15. Sex and the Vatican. Only a moral issue?

Sexuality is not an easy topic for any religious institution. In these matters, who is without sin, let him cast the first stone. Moralizing on others’ failures and nurturing superiority attitudes are not the right approach in addressing the problem. In this field our evangelical grass is not greener than others’. This past year, however, has been an annus horribilis (i.e. horrible year) for the RC Church as far as sex is concerned.

The RC Church has a serious problem with sexuality.

  1. It places the highest standards on its own clergy, i.e. mandatory celibacy, yet it is estimated that one third of RC clergy have a sexually active life. If you expect your own representatives to adhere to certain standards of sexual behavior, you are more easily subject to public scrutiny if your inner circle fails to comply.
  2. The RC’s moral vision entails the sacredness of a monogamous, heterosexual marriage and the condemnation of other sexual orientations. If you are vocal in telling people what is permissible and “right” regarding sexual practices, and what is “wrong” concerning abuses, then your own inconsistencies appear to be more heinous.
  3. Records of abuses and scandals within the RC Church have recently been spotted worldwide after decades of denial and self-protection. We live in a world that no longer keeps secrets, and society at large is now entitled to ask serious questions about the whole matter.
  4. The problem is at all levels: recruiting young people, training seminarians, supervising the sexual life of religious people, facing failures, promoting a transparent culture, etc. The credibility of the entire system is at stake.

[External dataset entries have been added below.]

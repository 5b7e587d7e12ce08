-- ===== src/Delta/NumberTrip.antt =====
-- A number that `write_number_delta` wrote is read back.
use halospawns_infra.Prelude.{
  ℕ, suc, ◌^◌, ◌<◌, ◌≡◌, refl, ap, Bool, true, ◌&&◌, Option, none, some, inl, inr, List, arith, ltb,
  Bool-cases,
}
use halospawns_infra.Delta.Codes.{delta_integer_difference, delta_number_xor}
use halospawns_infra.Delta.Writer
use halospawns_infra.Delta.Writer.{Write}
use halospawns_infra.Delta.Sync.{Reads, Reads-bind}
use halospawns_infra.Delta.Floats.{Floats, Lawful, IsF64, is_finite, exact_f32}
use halospawns_infra.Delta.Value.{
  Value, null, bool, number, string, array, object, number_of, and_then,
}
use halospawns_infra.Delta.Read.{read_value}
use halospawns_infra.Delta.ReadDelta.{patch_tagged, read_patched}
use halospawns_infra.Delta.Values.{Reads-byte}
use halospawns_infra.Delta.Difference.{varuint_length}
use halospawns_infra.Delta.Numbers.{
  integers_apart, xor_choice, difference_choice, bit_choice, value_choice, float32_choice,
  exact_history, write_choice, write_number_delta, Choice, shorter, predict_bits,
  predict_value_bits,
}
use halospawns_infra.Delta.PatchNumber.{
  read_float32_delta, float32_bits, read_prediction, filtered, base_number,
}
use halospawns_infra.Delta.XorTrip.{Reads-number_xor}
use halospawns_infra.Delta.DifferenceTrip.{Reads-difference, Reads-exclusive, Reads-integers}

module _ (F : Floats) (L : Lawful F) where
  predict_bits-lt : (b p : ℕ) → predict_bits F b p < 2 ^ 32
  unfolding predict_bits
  predict_bits-lt b p = omega arith

  predict_value_bits-lt : (b p : ℕ) → predict_value_bits F b p < 2 ^ 32
  unfolding predict_value_bits
  predict_value_bits-lt b p = L.narrow_lt _

  module _ (is_utf8 : List ℕ → Bool) (levels p n : ℕ) (before : Option Value)
      (exact_p : exact_f32 F p ≡ true) (exact_n : exact_f32 F n ≡ true)
      (fin : is_finite n ≡ true) where
    -- A choice that the reader turns into n.
    abbrev Good : Choice → Type 0
    Good c =
        Reads (write_choice F c) (read_patched F is_utf8 (suc levels) (some (number p)) before)
          (λ a. a ≡ number n)

    Good-tagged :
        (tag residual : ℕ)
        → Reads
            (Writer.varuint residual)
            (patch_tagged F is_utf8
              (read_patched F is_utf8 levels)
              (read_value F is_utf8 (suc levels))
              (some (number p))
              before
              tag)
            (λ a. a ≡ number n)
        → Good (record { tag = tag; residual = residual })
    unfolding write_choice read_patched
    Good-tagged tag residual h = Reads-bind _ _ _ _ (Reads-byte tag) λ t e. rw e h

    Good-shorter : (a b : Choice) → Good a → Good b → Good (shorter a b)
    unfolding shorter
    Good-shorter a b ga gb =
        elim (Bool-cases (ltb (varuint_length b.residual) (varuint_length a.residual))) [
          | inl h ↦ rw h gb
          | inr h ↦ rw h ga
        ]

    Good-xor : Good (xor_choice F p n)
    unfolding xor_choice
    Good-xor = Good-tagged _ _ (
        unfold patch_tagged read_float32_delta float32_bits base_number number_of filtered in
        rw exact_p (Reads-exclusive F L (F.narrow p) n (L.narrow_lt p) exact_n fin))

    Good-difference : Good (difference_choice F p n)
    unfolding difference_choice
    Good-difference = Good-tagged _ _ (
        unfold patch_tagged read_float32_delta float32_bits base_number number_of filtered in
        rw exact_p (Reads-difference F L (F.narrow p) n (L.narrow_lt p) exact_n fin))

    -- The predictions look further back.
    module _ (b : ℕ) (exact_b : exact_f32 F b ≡ true) (before_is : before ≡ some (number b)) where
      Good-bit : Good (bit_choice F b p n)
      unfolding bit_choice
      Good-bit = Good-tagged _ _ (
          unfold patch_tagged read_prediction base_number number_of filtered in
          rw (before_is, exact_p, exact_b)
            (Reads-difference F L (predict_bits F b p) n (predict_bits-lt b p) exact_n fin))

      Good-value : Good (value_choice F b p n)
      unfolding value_choice
      Good-value = Good-tagged _ _ (
          unfold patch_tagged read_prediction base_number number_of filtered in
          rw (before_is, exact_p, exact_b)
            (Reads-difference F L (predict_value_bits F b p) n (predict_value_bits-lt b p) exact_n
              fin))

    Good-float32 :
        (h : Option ℕ)
        → ((b : ℕ) → h ≡ some b → (exact_f32 F b ≡ true) × (before ≡ some (number b)))
        → Good (float32_choice F p n h)
    unfolding float32_choice
    Good-float32 none known = Good-shorter _ _ Good-xor Good-difference
    Good-float32 (some b) known =
        let (exact_b, e) = known b refl in
        Good-shorter _ _
          (Good-shorter _ _ (Good-shorter _ _ Good-xor Good-difference) (Good-bit b exact_b e))
          (Good-value b exact_b e)

number_of-some : (v : Value) (b : ℕ) → number_of v ≡ some b → v ≡ number b
unfolding number_of
number_of-some (number a) b e = ground arith
number_of-some null b e = cc
number_of-some (bool c) b e = cc
number_of-some (string s) b e = cc
number_of-some (array vs) b e = cc
number_of-some (object fs) b e = cc

pub history_number :
    (before : Option Value) (b : ℕ) → and_then before number_of ≡ some b → before ≡ some (number b)
history_number none b e = cc
history_number (some v) b e = ap some (number_of-some v b e)

exact_history-some :
    (F : Floats) (h : Option ℕ) (b : ℕ)
    → exact_history F h ≡ some b
    → (exact_f32 F b ≡ true) × (h ≡ some b)
unfolding exact_history
exact_history-some F none b e = cc
exact_history-some F (some a) b e = ground arith

module _ (F : Floats) (L : Lawful F) (is_utf8 : List ℕ → Bool) where
  -- For any two numbers of 64 bits, the second finite, and any value before them: whichever form
  -- `write_number_delta` chooses, whenever it succeeds, `read_patched_value` takes exactly its
  -- bytes and gives the second number.
  pub Reads-number_delta :
      (levels p n : ℕ) (before : Option Value)
      → IsF64 p
      → IsF64 n
      → is_finite n ≡ true
      → Reads
          (write_number_delta F p n (and_then before number_of))
          (read_patched F is_utf8 (suc levels) (some (number p)) before)
          (λ a. a ≡ number n)
  unfolding write_number_delta read_patched
  Reads-number_delta levels p n before hp hn fin = elim (Bool-cases (integers_apart F p n)) [
    | inl apart ↦ rw apart (
        Reads-bind _ _ _ _ (Reads-byte delta_integer_difference)
          λ t e. rw e (unfold patch_tagged in Reads-integers F L p n hp hn fin apart))
    | inr other ↦ elim (Bool-cases (exact_f32 F p && exact_f32 F n)) [
      | inl exact ↦
          rw (other, exact)
            (Good-float32 F L is_utf8 levels p n before (ground arith) (ground arith) fin
              (exact_history F (and_then before number_of))
              λ b e.
                let (exact_b, back) = exact_history-some F (and_then before number_of) b e in
                (exact_b, history_number before b back))
      | inr rest ↦
          rw (other, rest)
            (Reads-bind _ _ _ _ (Reads-byte delta_number_xor)
              λ t e. rw e (unfold patch_tagged in Reads-number_xor p n hp hn fin))
    ]
  ]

            Last week the Vatican Congregation for Sacred Doctrine issued certain guidelines to the RC bishops in order to address the issue. For the Vatican, sexuality is not primarily a pastoral matter, but a doctrinal one and the institution charged to address it is the same that presides over doctrinal purity. The thrust of the guidelines asks local bishops to be more vigilant and collaborative, therefore implying that little vigilance and little collaboration have too often been the practice in the past.

Is mandatory celibacy biblical?

The problem is huge and complex. Yet, for Bible-believing people, the first and decisive question is simple: does the Bible teach or require celibacy to ministers of the church? The answer is as simple as the question: No. While considering celibacy a calling as worthy as marriage (e.g. 1 Corinthians 7), the Bible normally expects that elders, bishops and deacons be married (e.g. 1 Timothy 3:2-5; Titus 1:6). The RC tradition of mandatory celibacy stems from a dualistic and hierarchical distinction between a “higher” religious calling and a “lower” secular one. It is also a means to “control” the clergy and to safeguard the patrimonial heritage of the church from being dispersed.

There is no argument in favor of mandatory celibacy that is biblically conclusive. Therefore it should be open for change. The Bible seems to expect that most ministers be married and that few be single. Will the Bible be allowed to have the final word, which is also a better word than the RC traditional settlement? Will the “Biblical renewal,” that according to some observers is taking place within the RC Church, be allowed to modify this long-standing tradition? No sign in this direction can be seen for now. Both John Paul II and Benedict XVI have actually reinforced mandatory celibacy, making it even more difficult to change.

Is full transparency desirable?

Public opinion has also been struck by the self-complacent attitude that some RC bishops around the world have shown in dealing with abuses. Instead of denouncing and stopping them, there has been a general tendency to cover them up. The interests of the Church seemed to be greater than the suffering of the victims. The protection of the church was often preferred to the protection of the abused children. In a complex organization like the RC Church, failures are to be expected, but the impression is that the problem lied in the “chain of command” rather than in sporadic cases. There is a widespread code of conduct that puts the church first, above truth and above reality, as if the primary concern is to seek what the church can gain no matter the cost.

 Historically, the RC Church has been attacked by ideological and political forces and has developed a self-protective attitude, like most historical institutions have done. At the same time, it has built a high dogmatic view of itself, claiming to be the societas perfecta (i.e. the perfect society), or the indefectible Church, i.e. the Church that cannot err. It can judge others but cannot be judged by others. It can denounce the sin of the world, but the world is not allowed to denounce its sins. The sexual scandals and abuses show that it is time to become more humble and accountable, less reticent and self-complacent. If self-protection becomes absolute, then it becomes an idol. We are all, however, in danger of elevating our institutions to a place of idolatrous worship, i.e. ecclesiolatry, the worship of the church as an institution.

“Sex and the Vatican” is much more than mere gossip, and it’s more than a justice and moral issue. It is an opportunity for repentance, Biblical reformation, and public transparency. We all need that.